# dome light viper 5904V



## namyenruoj (May 24, 2009)

i installed this viper 5904V on my 1991 toyota celica. i got most of my functions done including the remote start except i can not make my dome light to come on after disarming the car. it say in the manual to use the Black/Yellow from the 24-pin connector but (once i connected to my Red/White car harness that turns on my dome light when you open the doors) my dome light gets dim and then i meter the Black/Yellow wire from the 24-pin i get -12v constant. i also want to use this rear defroster feature but i don't know how. thanks


----------



## jaggerwild (May 21, 2007)

namyenruoj said:


> i installed this viper 5904V on my 1991 toyota celica. i got most of my functions done including the remote start except i can not make my dome light to come on after disarming the car. it say in the manual to use the Black/Yellow from the 24-pin connector but (once i connected to my Red/White car harness that turns on my dome light when you open the doors) my dome light gets dim and then i meter the Black/Yellow wire from the 24-pin i get -12v constant. i also want to use this rear defroster feature but i don't know how. thanks


 Some cars have a negative dome light other have a positive, in that same harness you need to hook up a second wire weather it be pos or neg.
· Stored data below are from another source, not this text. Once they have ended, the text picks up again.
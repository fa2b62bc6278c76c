-- ===== src/Sdk/Api/Discipline.antt =====
-- Which lock guards what: a call of axiom on the data of a transaction is to be made with the lock of
-- that transaction held. Two reads are not counted, since the SDK makes them without it: that of
-- a segment's type, which newrelic_segment_destroy makes after the lock was given back, and that of
-- the root of a transaction, which newrelic_set_segment_parent_root makes before it takes the lock.
pub mod Calls
pub mod Endings
pub mod Steps
use c_sdk.Base.{
  ℕ, ◌≡◌, ◌≢◌, Bool, true, false, not, ◌&&◌, ◌||◌, Option, none, some, List, [], ◌∷◌, ◌==◌, CStr,
}
use c_sdk.Sdk.Machine.{
  Call, nr_segment_start, nr_segment_set_type, nr_segment_set_name, nr_segment_set_parent,
  nr_segment_set_timing, nr_segment_end, nr_segment_add_metric, nr_segment_datastore_end,
  nr_segment_external_end, nrm_force_add, nr_txn_set_timing, nr_txn_force_single_count, nr_txn_end,
  status_ignore, nr_cmd_txndata_tx, nr_txn_destroy, nr_txn_set_path, nr_txn_set_as_web_transaction,
  nr_txn_set_as_background_job, nr_txn_ignore, nr_txn_add_user_custom_parameter,
  nr_txn_record_custom_event, nr_txn_add_custom_metric, err_enabled, recording, txn_error,
  nr_txn_record_error_worthy, nr_txn_record_error, nr_txn_create_distributed_trace_payload,
  nr_txn_accept_distributed_trace_payload, nr_txn_accept_distributed_trace_payload_httpsafe, Event,
  acquire, release, acquire_app, release_app, acquire_static, release_static, did, Segment,
  Transaction, World, Outcome, ok, fault, is_null,
}
use c_sdk.Sdk.Datastore.{Environment}
use c_sdk.Sdk.Api.{
  Op, start_web_transaction_op, start_non_web_transaction_op, ignore_transaction_op,
  set_transaction_name_op, set_segment_parent_op, set_segment_parent_root_op, set_segment_timing_op,
  run_op,
}

-- The lock of a transaction that is held after these events, newest first; 0 for none.
abbrev pub held : List Event → ℕ
held [] = 0
held (acquire p ∷ tr) = p
held (release p ∷ tr) = 0
held (e ∷ tr) = held tr

-- `owner` says which transaction of axiom a lock guards, and `home` which one a segment of axiom is
-- of.
module _ (home : ℕ → ℕ) where
  -- The transaction of axiom whose data a call reads or writes, for the calls that are counted:
  -- nr_segment_type and the read of the root are not. Of two segments that nr_segment_set_parent is
  -- given, the one that moves counts, and for a payload the transaction, not the segment.
  abbrev pub subject : Call → Option ℕ
  subject (nr_segment_start t) = some t
  subject (nr_segment_set_type s k) = some (home s)
  subject (nr_segment_set_name s n) = some (home s)
  subject (nr_segment_set_parent s p) = some (home s)
  subject (nr_segment_set_timing s a d) = some (home s)
  subject (nr_segment_end s) = some (home s)
  subject (nr_segment_add_metric s b) = some (home s)
  subject (nr_segment_datastore_end s d) = some (home s)
  subject (nr_segment_external_end s e) = some (home s)
  subject (nrm_force_add t n) = some t
  subject (nr_txn_set_timing t a d) = some t
  subject (nr_txn_force_single_count t n) = some t
  subject (nr_txn_end t) = some t
  subject (status_ignore t) = some t
  subject (nr_cmd_txndata_tx t) = some t
  subject (nr_txn_destroy t) = some t
  subject (nr_txn_set_path o t n k) = some t
  subject (nr_txn_set_as_web_transaction t) = some t
  subject (nr_txn_set_as_background_job t) = some t
  subject (nr_txn_ignore t) = some t
  subject (nr_txn_add_user_custom_parameter t k v) = some t
  subject (nr_txn_record_custom_event t n e) = some t
  subject (nr_txn_add_custom_metric t n m) = some t
  subject (err_enabled t) = some t
  subject (recording t) = some t
  subject (txn_error t) = some t
  subject (nr_txn_record_error_worthy t n) = some t
  subject (nr_txn_record_error t n m c s) = some t
  subject (nr_txn_create_distributed_trace_payload t s) = some t
  subject (nr_txn_accept_distributed_trace_payload t d k) = some t
  subject (nr_txn_accept_distributed_trace_payload_httpsafe t d k) = some t
  subject c = none

module _ (owner home : ℕ → ℕ) where
  abbrev pub guards : ℕ → Option ℕ → Bool
  guards lock none = true
  guards lock (some t) = not (is_null lock) && (owner lock == t)

  -- One lock at a time is taken, the one that is held is given back, and each call is made under the
  -- lock that guards its subject.
  abbrev pub disciplined : List Event → Bool
  disciplined [] = true
  disciplined (acquire p ∷ tr) = not (is_null p) && is_null (held tr) && disciplined tr
  disciplined (release p ∷ tr) = (held tr == p) && disciplined tr
  disciplined (did c ∷ tr) = guards (held tr) (subject home c) && disciplined tr
  disciplined (e ∷ tr) = disciplined tr

  -- A world whose objects are guarded so, with a lock held, or 0 for none.
  pub record IsGuarded {S : Type 0} (lock : ℕ) (w : World S) : Type 0 where
    pub transactions : (p : ℕ) (t : Transaction) → w.transactions p ≡ some t → owner p ≡ t.txn
    pub segments : (q : ℕ) (s : Segment) → w.segments q ≡ some s → home s.segment ≡ s.transaction
    pub locks :
        (q : ℕ) (s : Segment)
        → w.segments q ≡ some s
        → s.txn_lock ≢ 0
        → owner s.txn_lock ≡ s.transaction
    pub null : w.segments 0 ≡ none
    pub holding : held w.trace ≡ lock
    pub so_far : disciplined w.trace ≡ true

  -- The run keeps that, or faults.
  abbrev pub Guarded : {S A : Type 0} → ℕ → Outcome S A → Type 0
  Guarded lock (ok a w) = IsGuarded lock w
  Guarded lock (fault e) = Unit {0}

-- A segment that axiom starts is of the transaction that it was asked for.
abbrev pub IsHome : {S : Type 0} → (Call → S → ℕ × S) → (ℕ → ℕ) → Type 0
IsHome {S} perform home =
    (t : ℕ) (s : S)
    → (perform (nr_segment_start t) s).0 ≢ 0
    → home (perform (nr_segment_start t) s).0 ≡ t

-- A live segment whose lock is not NULL
abbrev pub keeps_lock : Option Segment → Bool
keeps_lock none = false
keeps_lock (some s) = not (is_null s.txn_lock)

module _ {S : Type 0} where
  -- A call that finds the lock for what it does: it is not one of those that use none, it starts no
  -- transaction, which nobody else has yet, and the segment that it changes keeps a lock.
  unfoldable pub under_lock : World S → Op → Bool
  under_lock w (start_web_transaction_op a n) = false
  under_lock w (start_non_web_transaction_op a n) = false
  under_lock w (ignore_transaction_op p) = false
  under_lock w (set_transaction_name_op p n) = false
  under_lock w (set_segment_parent_op s q) = is_null s || keeps_lock (w.segments s)
  under_lock w (set_segment_parent_root_op s) = is_null s || keeps_lock (w.segments s)
  under_lock w (set_segment_timing_op s a d) = is_null s || keeps_lock (w.segments s)
  under_lock w op = true

module _ {S : Type 0} (perform : Call → S → ℕ × S) where
  -- A program all of whose calls are such, each in the world that the calls before it left. What
  -- comes after a fault does not count.
  unfoldable pub abides : CStr → Environment → List Op → World S → Bool
  unfolding under_lock run_op
  abides version env [] w = true
  abides version env (op ∷ ops) w = under_lock w op && elim (run_op perform version env op w) [
    | ok a w' ↦ abides version env ops w'
    | fault e ↦ true
  ]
Toys are negative I think. 
The install manual should tell you how to install n hook up the defroster, read the install manual again.


----------



## namyenruoj (May 24, 2009)

what do you mean a second wire?


----------



## jaggerwild (May 21, 2007)

namyenruoj said:


> what do you mean a second wire?


 One senses what the input is(positive or negative) the other wire will use what it senses to make the dome light serpervision either pos. or negative, you see?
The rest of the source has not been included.